Dataset excerpts |
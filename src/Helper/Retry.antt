-- ===== src/Helper/Retry.antt =====
-- When a renewal is next due, after one that worked and after one that did not
-- (`setLeaseLocked` and the last case of `renew`, pkg/helper/helper.go).
use claimward_vpn_client.Common.{ℕ, ◌+◌, ◌*◌, ◌≤◌, ◌<◌, ◌≡◌, some, pos, arith, int64_half}
use claimward_vpn_client.Lease.{Time, second, minute, add_time, renew_delay}
use claimward_vpn_client.Errors.{Error}
use claimward_vpn_client.Helper.State.{Server, Session, State, set_lease}
use claimward_vpn_client.Helper.Renew.{retry_delay, renewal_failed}
use claimward_vpn_client.Helper.RenewLoop.{reading, sleeping, timer, Turn, reads}

module _ (srv : Server) (now : Time) (sess : Session) (r : ℕ) where
  retry_due :
      srv.retry_after ≡ pos r
      → r < int64_half
      → now + 2 * second ≤ sess.lease
      → sess.lease < now + int64_half
      → (add_time now (retry_delay srv now sess) < sess.lease)
        × (add_time now (retry_delay srv now sess) ≤ now + r)
  unfolding retry_delay
  retry_due e b h k = ground arith

  retry_timer :
      (since : Time) (y : Session)
      → y.renew_by ≤ now + r
      → r < int64_half
      → now ≤ since
      → since ≤ y.renew_by
      → timer since y ≡ y.renew_by
  retry_timer since y due b h k = ground arith

-- After the renewal loop's own renewal failed, with two seconds of the lease left or more, and less than
-- 292 years, the next try is due before the lease ends and within the retry interval; and where the
-- loop, which goes on, reads before that, it sets a timer that runs out when the try is due.
pub retry-lt-lease :
    (srv : Server) (s : State) (p : ℕ) (e : Error) (now since : Time) (sess : Session) (r : ℕ)
    → s.heap p ≡ some sess
    → srv.retry_after ≡ pos r
    → r < int64_half
    → now + 2 * second ≤ sess.lease
    → sess.lease < now + int64_half
    → now ≤ since
    → since ≤ add_time now (retry_delay srv now sess)
    → let t = renewal_failed srv now s p e in
      (y : Session) × (t.heap p ≡ some y)
      × (y.renew_by < sess.lease)
      × (y.renew_by ≤ now + r)
      × (timer since y ≡ y.renew_by)
      × Turn srv p
          (record { state = t; place = reading })
          (record { state = t; place = sleeping since y })
unfolding renewal_failed
retry-lt-lease srv s p e now since sess r h k b left near after before =
    let y = record sess { renew_by = add_time now (retry_delay srv now sess) } in
    let t = renewal_failed srv now s p e in
    let here : t.heap p ≡ some y = rw h (ground arith) in
    let (early, soon) = retry_due srv now sess r k b left near in
    (
      y,
      here,
      early,
      soon,
      retry_timer srv now sess r since y soon b after before,
      reads since t y here,
    )

-- A lease with a minute left or more, and less than 292 years, is renewed again, at the default
-- delay, half way to its end or sooner, and at least 30 seconds and at most 10 minutes from now.
pub set_lease_due :
    (srv : Server) (now : Time) (sess : Session) (lease : Time)
    → srv.renew_after ≡ renew_delay
    → now + 60 * second ≤ lease
    → lease < now + int64_half
    → let due = (set_lease srv now sess lease).renew_by in
      (now + 30 * second ≤ due) × (due ≤ now + 10 * minute) × (2 * due ≤ now + lease)
unfolding set_lease renew_delay
set_lease_due srv now sess lease e h k = rw e (ground arith)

Try it |
Copy out each line of the data that holds the string "years".

Exercise result |
-- 292 years, the next try is due before the lease ends and within the retry interval; and where the
-- A lease with a minute left or more, and less than 292 years, is renewed again, at the default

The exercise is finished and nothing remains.